The next dataset utilized is MIT Parking Lot dataset [8]. This dataset comprises trajectories captured from a parking lot containing trajectories of cars and people. There are certain motion patterns in the scene and the dataset is exploited to detect these motion patterns or activities. In this work, the dataset is used for both of anomaly detection and activity perception. Anomaly detection is again based on distance to three nearest neighbors. Anomaly detection results are shown in Fig. 7. Some sharp trajectories which are caused by an error in extraction stage are labeled as anomaly. Activity perception is carried out by a forming a similarity matrix and applying spectral clustering. In the dataset, there are 40453 trajectories and spectral clustering might not be computationally manageable when applied to the whole dataset. However, aforementioned size limit makes the spectral clustering feasible. The activity perception results are given in Fig. 8. The number of clusters is set to eight to achieve these results in the final k-means step of spectral clustering. Obviously, some clusters contain more than one meaningful motion pattern. It is observed that these motion patterns are extracted when the number of clusters are set to a bigger number. A potential improvement lies in this part of the study. A clustering algorithm without specifying the number of clusters and still work on similarity matrices will be a good alternative to spectral clustering.

7 Conclusion

In this work, we propose a novel approach by describing trajectories with feature covariance matrices. We study the problems of anomaly detection and clustering for trajectories in this context. Feature covariance matrices enable us to measure similarity between trajectories of different lengths. Also, conducted experiments show that covariance descriptor for trajectories yields satisfactory results compared to the state of the art.
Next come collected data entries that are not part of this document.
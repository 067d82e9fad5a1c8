-- ===== src/Payments/Tests/Life.antt =====
-- The theorems on the life of a channel, from an empty store on: a task for 500 creates the channel
-- of the addresses 21 and 22.
use pop.Common.{
  ℕ, ◌≡◌, ◌≢◌, ◌≤◌, refl, Bool, true, false, List, [], ◌∷◌, none, some, arith, length, inl,
}
use pop.Common.Int.{pos}
use pop.Common.Assoc.{find}
use pop.Common.Result.{ok, wrap}
use pop.Payments.Info.{ChannelInfo}
use pop.Payments.Store.{Store, MsgInfo, unmarshall}
use pop.Payments.Lifecycle.{
  create_wait, Receipt, Sys, complete_wait, process_task, deliver, returned, get_wait_ready,
}
use pop.Payments.Lifecycle.Phase.{Phase, absent, creating, Shows, Stored}
use pop.Payments.Lifecycle.Only.{Sound}
use pop.Payments.Lifecycle.Delivered.{GivesAddress}
use pop.Payments.Lifecycle.Runs.{Event, task, answer, Steps, run, run-Steps}
use pop.Payments.Lifecycle.Stuck.{task-after_receipt}
use pop.Payments.Lifecycle.Recorded.{create_outcome}
use pop.Payments.Lifecycle.Answered.{create-get_wait_ready}
use pop.Payments.Tests.{channel}
use pop.Payments.Tests.Disk.{disk, working, api}

abbrev start : Sys
start = record { store = record { channels = []; messages = [] }; waiting = [] }

abbrev receipt : Receipt
receipt = record { exit_code = 0; robust_address = ok 31 }

receipt-GivesAddress : GivesAddress (ok receipt)
receipt-GivesAddress = λ r a h e z. absurd (ground (arith, h, e, z))

abbrev events : List Event
events = task api (pos 500) ∷ task api (pos 20) ∷ answer 0 (ok receipt) ∷ []

run-Steps_example :
    (q : Phase) × Steps absent events q
    × Shows disk working 21 22 (run disk 21 22 events start) q
    × (length (run disk 21 22 events start).waiting ≤ 1)
run-Steps_example =
    run-Steps disk working 21 22 events start absent (tt, (tt, (receipt-GivesAddress, tt)))
      ((tt, tt), refl, refl)

abbrev sent_info : ChannelInfo
sent_info = record channel {
  channel_id = 1;
  channel = none;
  vouchers = [];
  next_lane = 0;
  amount = pos 0;
  pending_amount = pos 500;
  create_msg = some 52;
}

abbrev info : MsgInfo
info = record { channel_id = 1; msg_cid = 52; received = false; error = "" }

abbrev st : Store
st = record { channels = (1, sent_info) ∷ []; messages = (52, info) ∷ [] }

pub nonzero_1 : ◌≢◌ {A = ℕ} 1 0
nonzero_1 = λ e. absurd (omega (arith, e))

held_at : Sound disk working 21 22 st
unfolding find
held_at = (((refl, nonzero_1), tt), (refl, tt))

shown_creating : (live : Bool) → Stored disk working 21 22 st (creating 1 52 (pos 500) live)
unfolding unmarshall
shown_creating live = (sent_info, refl, (refl, refl, refl, refl, refl, refl))

abbrev lost : Sys
lost = record { store = st; waiting = [] }

abbrev pending : Sys
pending = record { store = st; waiting = create_wait 1 52 ∷ [] }

task-after_receipt_example :
    (process_task disk api (deliver disk pending 0 (ok receipt)) 21 22 (pos 20)).1 ≢ none
task-after_receipt_example =
    task-after_receipt disk working 21 22 api pending (creating 1 52 (pos 500) true) (pos 20)
      receipt 31 receipt-GivesAddress refl (inl refl) (held_at, shown_creating true, refl)

info_of : find 52 st.messages ≡ some info
unfolding find
info_of = refl

create-get_wait_ready_example :
    get_wait_ready disk (λ e. e) (complete_wait disk st (create_wait 1 52) (ok receipt)) 52
    ≡ returned (wrap (λ e. e) (create_outcome (ok receipt)))
unfolding create_outcome
create-get_wait_ready_example =
    create-get_wait_ready disk working 21 22 (λ e. e) st 1 52 (pos 500) (ok receipt) info
      receipt-GivesAddress (held_at, shown_creating true) info_of refl refl refl tt
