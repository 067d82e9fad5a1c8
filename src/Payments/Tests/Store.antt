-- ===== src/Payments/Tests/Store.antt =====
-- The theorems on the datastore, at a store with the channel of address 31.
use pop.Common.{◌≡◌, refl, [], ◌∷◌, some, ◌==◌, arith, if◌then◌else◌, get_elem?, length, ◌≤◌}
use pop.Common.Int.{pos}
use pop.Common.Result.{ok}
use pop.Payments.Info.{tracked}
use pop.Payments.Store.{
  Store, unmarshall, with_id, put_channel_info, by_channel_id, find_chan, find_chans, collect,
  by_address,
}
use pop.Payments.Store.Kept.{put-by_channel_id}
use pop.Payments.Store.Alloc.{allocate_lanes, allocate_lanes-get_elem?}
use pop.Payments.Message.{Message, mpool_push}
use pop.Payments.Message.Push.{Sent, mpool_push-Sent}
use pop.Payments.Tests.{channel}
use pop.Payments.Tests.Disk.{disk, api}

abbrev pub store : Store
store = record { channels = (1, channel) ∷ []; messages = [] }

put-by_channel_id_example : by_channel_id disk (put_channel_info disk store channel).0 1 ≡ (
    if (with_id disk store channel).channel_id == 1
    then tracked (record (with_id disk store channel) { settling_at = pos 0 })
    else by_channel_id disk store 1)
put-by_channel_id_example =
    put-by_channel_id disk store channel 1 (λ e. absurd (ground (arith, e))) refl refl

pub at_31 : by_address disk store 31 ≡ tracked channel
unfolding by_address find_chan find_chans collect unmarshall
at_31 = refl

allocate_lanes-get_elem?_example : get_elem? (allocate_lanes disk 3 store 31) 2 ≡ some (ok 3)
allocate_lanes-get_elem?_example =
    allocate_lanes-get_elem? disk 3 2 store 31 channel (refl, λ k. refl) (λ k. refl)
      ((refl, λ e. absurd (omega (arith, e))), tt) (λ e. absurd (omega (arith, e))) at_31
      (omega arith) (omega arith)

abbrev message : Message
message = record {
  version = 0;
  to = 31;
  from = 21;
  nonce = 0;
  value = pos 500;
  gas_limit = pos 0;
  gas_fee_cap = pos 0;
  gas_premium = pos 0;
  method = 0;
  params = [];
}

mpool_push-Sent_example :
    Sent api (record message { nonce = 7; gas_limit = pos 100 }) (mpool_push api message)
    × (length (mpool_push api message).0 ≤ 2)
mpool_push-Sent_example =
    mpool_push-Sent api message (record message { gas_limit = pos 100 }) 7 refl refl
We have also introduced a sparse anomaly detector to decide the number and the weights of the nearest neighbors that should be used. This sparse representation can be applied to other similar problems. The only requirement is to have a training dataset for which annotated anomaly data is given.
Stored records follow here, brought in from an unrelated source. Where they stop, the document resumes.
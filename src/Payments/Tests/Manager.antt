-- ===== src/Payments/Tests/Manager.antt =====
-- The theorems on the payment manager and on spending, at a channel with two vouchers.
use pop.Common.{ℕ, ◌≡◌, refl, true, false, List, [], ◌∷◌, arith}
use pop.Common.Int.{pos}
use pop.Common.Assoc.{put}
use pop.Common.Result.{Result, ok, err}
use pop.Payments.Info.{
  VoucherInfo, ChannelInfo, Direction, Found, tracked, inbound, has_voucher, was_voucher_submitted,
  find_voucher, info_for_voucher, submit_first, submit_lower,
}
use pop.Payments.Info as Info
use pop.Payments.Store.{
  Store, by_address, put_channel_info, with_id, marshall, unmarshall, find_chan, find_chans,
  collect,
}
use pop.Payments.Store.Ops.{mark_voucher_submitted}
use pop.Payments.Message.{
  Message, update_message, mpool_push, sign_message, after_push, increase_gas, suggested_premium,
}
use pop.Payments.Spend.{
  submit_voucher, send_voucher, refusal_of, with_new, already_submitted, check_voucher_spendable,
}
use pop.Payments.Spend.Once.{submit_voucher-once}
use pop.Payments.Tests.{voucher, equals, held, channel, marked}
use pop.Payments.Tests.Disk.{disk, api}
use pop.Payments.Tests.Store.{store, at_31}

abbrev after : Store
after = record { channels = (1, marked) ∷ []; messages = [] }

abbrev call : Message → Result ℕ
call = λ msg. ok 0

submitted : submit_voucher disk equals api store 31 (voucher 2 210) [] ≡ (after, ok 53)
unfolding submit_voucher send_voucher refusal_of with_new mark_voucher_submitted
    Info.mark_voucher_submitted put_channel_info with_id marshall put has_voucher
    was_voucher_submitted find_voucher info_for_voucher submit_first submit_lower update_message
    mpool_push sign_message after_push increase_gas suggested_premium by_address find_chan
    find_chans collect unmarshall
submitted = refl

submit_voucher-once_example :
    (submit_voucher disk equals api after 31 (voucher 2 210) [] ≡ (after, err already_submitted))
    × (check_voucher_spendable disk equals api call 21 after 31 (voucher 2 210) [] ≡ ok false)
submit_voucher-once_example =
    submit_voucher-once disk equals api api call 21 store after 31 53 (voucher 2 210) [] [] channel
      (refl, λ k. refl) (λ k. refl) ((refl, λ e. absurd (omega (arith, e))), tt)
      (λ e. absurd (omega (arith, e))) at_31 submitted

abbrev vouchers : List VoucherInfo
vouchers = held false (voucher 1 100) ∷ held false (voucher 2 210) ∷ []

abbrev settling : Store
settling = record {
  channels = (1, record channel { settling = true; settling_at = pos 80 }) ∷ [];
  messages = [];
}
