-- ===== src/Payments/Tests/Queue.antt =====
-- The theorems on the queue of funds requests, at a queue with a cancelled request.
use pop.Common.{◌⊎◌, Bool, true, false, List, [], ◌∷◌, ℕ}
use pop.Common.Int.{pos}
use pop.Common.Result.{ok}
use pop.Payments.Info.{Found}
use pop.Payments.Queue.{FundsReq, Messages, process_task, process_queue}
use pop.Payments.Queue.Answers.{Kept, Sent, process_queue-cases}

abbrev request : ℕ → Bool → FundsReq
request n active = record { promise = n; amt = pos n; active = active }

abbrev queue : List FundsReq
queue = request 3 false ∷ request 2 true ∷ request 4 true ∷ []

abbrev messages : Messages
messages = record { create = λ _. ok 8; add_funds = λ _ _. ok 9 }

process_queue-cases_example :
    let p = process_queue (process_task messages Found.untracked) queue in
    Kept Found.untracked queue p.0 p.1 ⊎ Sent messages Found.untracked queue p.0 p.1
process_queue-cases_example = process_queue-cases messages Found.untracked queue
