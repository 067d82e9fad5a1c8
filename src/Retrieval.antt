-- ===== src/Retrieval.antt =====
-- The retrieval market: deals, the state machines of both sides, and the payment protocol.
pub mod Status
pub mod Deal
pub mod Fsm
pub mod Client
pub mod Provider
pub mod Offers
pub mod Validation
pub mod Revalidator
pub mod Lockstep
mod Tests
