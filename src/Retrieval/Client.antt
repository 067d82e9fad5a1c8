-- ===== src/Retrieval/Client.antt =====
-- retrieval/client: the state machine of a deal on the side that retrieves.
pub mod Event
pub mod Rows
pub mod Action
pub mod Machine
pub mod Handlers
pub mod Subscriber
pub mod Ledger
pub mod Needs
pub mod Lane
pub mod Closure
pub mod Price
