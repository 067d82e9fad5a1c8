-- ===== src/Retrieval/Client/Event.antt =====
-- The events of retrieval/client/events.go with the arguments that the actions of
-- retrieval/client/fsm.go take. An error argument is its text.
use pop.Common.{ℕ, Bool, true, false, Option, none}
use pop.Common.Int.{ℤ}
use pop.Common.Text.{String}
use pop.Retrieval.Status.{Status}

-- `unknown_response_received none` is the event sent without its argument.
pub data Event : Type 0 where
  opened deal_accepted payment_channel_skip payment_channel_add_funds_errored : Event
  write_deal_proposal_errored : String → Event
  deal_proposed : ℕ → Event
  deal_rejected : String → Event
  deal_not_found : String → Event
  provider_cancelled : Event
  unknown_response_received : Option Status → Event
  payment_channel_errored : String → Event
  allocate_lane_errored : String → Event
  payment_channel_create_initiated : ℕ → Event
  payment_channel_ready : ℕ → Event
  payment_channel_adding_funds : ℕ → ℕ → Event
  last_payment_requested : ℤ → Event
  all_blocks_received : Event
  payment_requested : ℤ → Event
  payment_not_sent : Event
  unseal_payment_requested : ℤ → Event
  blocks_received : ℕ → Event
  send_funds : Event
  funds_expended : ℤ → Event
  bad_payment_requested : String → Event
  create_voucher_failed : String → Event
  write_deal_payment_errored : String → Event
  payment_sent : ℤ → Event
  complete : Event
  data_transfer_error : String → Event
  cancel_complete early_termination complete_verified : Event
  lane_allocated : ℕ → Event
  voucher_shortfall : ℤ → Event
  recheck_funds cancel wait_for_last_blocks : Event
  provider_errored : String → Event

-- Every event but one is always built with its arguments.
unfoldable pub well_typed : Event → Bool
well_typed (unknown_response_received none) = false
well_typed _ = true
The whole study has been conducted with the assumption that crowd density allows to extract trajectories for each object. In dense crowd scenarios, other approaches such as particle advection used in [19] might be more feasible to obtain trajectories.
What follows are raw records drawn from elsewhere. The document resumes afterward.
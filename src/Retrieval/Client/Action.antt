-- ===== src/Retrieval/Client/Action.antt =====
-- The actions of `FSMEvents` in retrieval/client/fsm.go. `none` stands for a panic on a nil pointer
-- and for a loop of `NextInterval` that does not return.
use pop.Common.{ℕ, true, Option, none, some, leb, ◌&&◌, not, if◌then◌else◌}
use pop.Common.Int.{ℤ, ◌+ℤ◌, ◌-ℤ◌, div_ℤ, to_uint64, leb_ℤ, is_zero}
use pop.Common.Text.{String, ◌+++◌, show_ℤ}
use pop.Retrieval.Status.{Status, name, same}
use pop.Retrieval.Deal.{ClientState, PaymentInfo, next_interval}
use pop.Retrieval.Client.Event.{Event}

abbrev says : ClientState → String → Option ClientState
says d m = some (record d { message = m })

abbrev pub advance_to : ClientState → Option ℕ → Option ClientState
advance_to d none = none
advance_to d (some i) = some (record d { current_interval = i })

-- `BytesPaidFor >= CurrentInterval` moves on to the next interval.
unfoldable pub advance : ClientState → Option ClientState
advance d =
    if leb d.current_interval d.bytes_paid_for
    then advance_to d (next_interval d.params d.current_interval)
    else some d

-- The accounting of `EventPaymentSent`.
unfoldable pub record_payment : ℤ → ClientState → Option ClientState
unfolding advance
record_payment amount d =
    let paid = record d {
      payment_requested = d.payment_requested -ℤ (amount -ℤ d.funds_spent);
      funds_spent = amount;
    } in
    let unsealed = record paid { unseal_funds_paid = d.unseal_price } in
    if leb_ℤ amount d.unseal_price
    then some (record paid { unseal_funds_paid = amount })
    else if is_zero d.price_per_byte
    then some unsealed
    else advance (record unsealed {
      bytes_paid_for = to_uint64 (div_ℤ (amount -ℤ d.unseal_price) d.price_per_byte);
    })

-- The payment channel is noted once.
abbrev with_channel : ℕ → ClientState → ClientState
with_channel ch d = elim d.payment_info [
  | none ↦ record d { payment_info = some (record { pay_ch = ch; lane = 0 }) }
  | some _ ↦ d
]

set_lane : ℕ → ClientState → Option PaymentInfo → Option ClientState
set_lane lane d none = none
set_lane lane d (some info) = some (record d { payment_info = some (record info { lane = lane }) })

abbrev request : ℤ → ClientState → ClientState
request owed d = record d { payment_requested = d.payment_requested +ℤ owed }

cancelled_by_provider : ClientState → ClientState
cancelled_by_provider d =
    if not (same d.status Status.failing) && not (same d.status Status.cancelling)
    then record d { message = "Provider cancelled retrieval" }
    else d

unfoldable pub action : Event → ClientState → Option ClientState
unfolding record_payment set_lane cancelled_by_provider
action (Event.write_deal_proposal_errored e) d = says d ("proposing deal: " +++ e)
action (Event.deal_proposed channel) d = some (record d { channel_id = channel; message = "" })
action (Event.deal_rejected m) d = says d ("deal rejected: " +++ m)
action (Event.deal_not_found m) d = says d ("deal not found: " +++ m)
action (Event.unknown_response_received (some s)) d =
    says d ("Unexpected deal response status: " +++ name s)
action (Event.payment_channel_errored e) d = says d ("error from payment channel: " +++ e)
action (Event.payment_channel_create_initiated m) d = some (record d { wait_msg_cid = some m })
action (Event.payment_channel_adding_funds m ch) d =
    some (with_channel ch (record d { wait_msg_cid = some m }))
action (Event.payment_channel_ready ch) d =
    some (record (with_channel ch d) { wait_msg_cid = none; message = "" })
action (Event.allocate_lane_errored e) d = says d ("allocating payment lane: " +++ e)
action (Event.lane_allocated lane) d = set_lane lane d d.payment_info
action (Event.provider_errored m) d = says d m
action (Event.data_transfer_error e) d = says d ("error generated by data transfer: " +++ e)
action (Event.last_payment_requested owed) d =
    some (record (request owed d) { last_payment_requested = true })
action (Event.payment_requested owed) d = some (request owed d)
action (Event.unseal_payment_requested owed) d = some (request owed d)
action Event.all_blocks_received d = some (record d { all_blocks_received = true })
action (Event.blocks_received total) d = some (record d { total_received = total })
action (Event.funds_expended shortfall) d = some (record d {
  message =
      "not enough current or pending funds in payment channel, shortfall of " +++ show_ℤ shortfall;
  voucher_shortfall = shortfall;
})
action (Event.bad_payment_requested m) d = says d m
action (Event.create_voucher_failed e) d = says d ("creating payment voucher: " +++ e)
action (Event.write_deal_payment_errored e) d = says d ("writing deal payment: " +++ e)
action (Event.payment_sent amount) d = record_payment amount d
action Event.early_termination d = says d "Provider sent complete status without sending all data"
action Event.provider_cancelled d = some (cancelled_by_provider d)
action Event.cancel d = says d "Client cancelled retrieval"
action _ d = some d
There is a possible improvement in activity perception part of this work. Instead of standard spectral clustering approach for which the number of clusters must be given, another clustering approach on distance matrix calculated with the representation can be used.

A representation is proposed for time series of 2D data in this study. A possible extension of this work is shape classification problem. Although there is no time information and invariance on rotation and scale could be problematic, feature covariance matrices can be used to describe 2D shapes.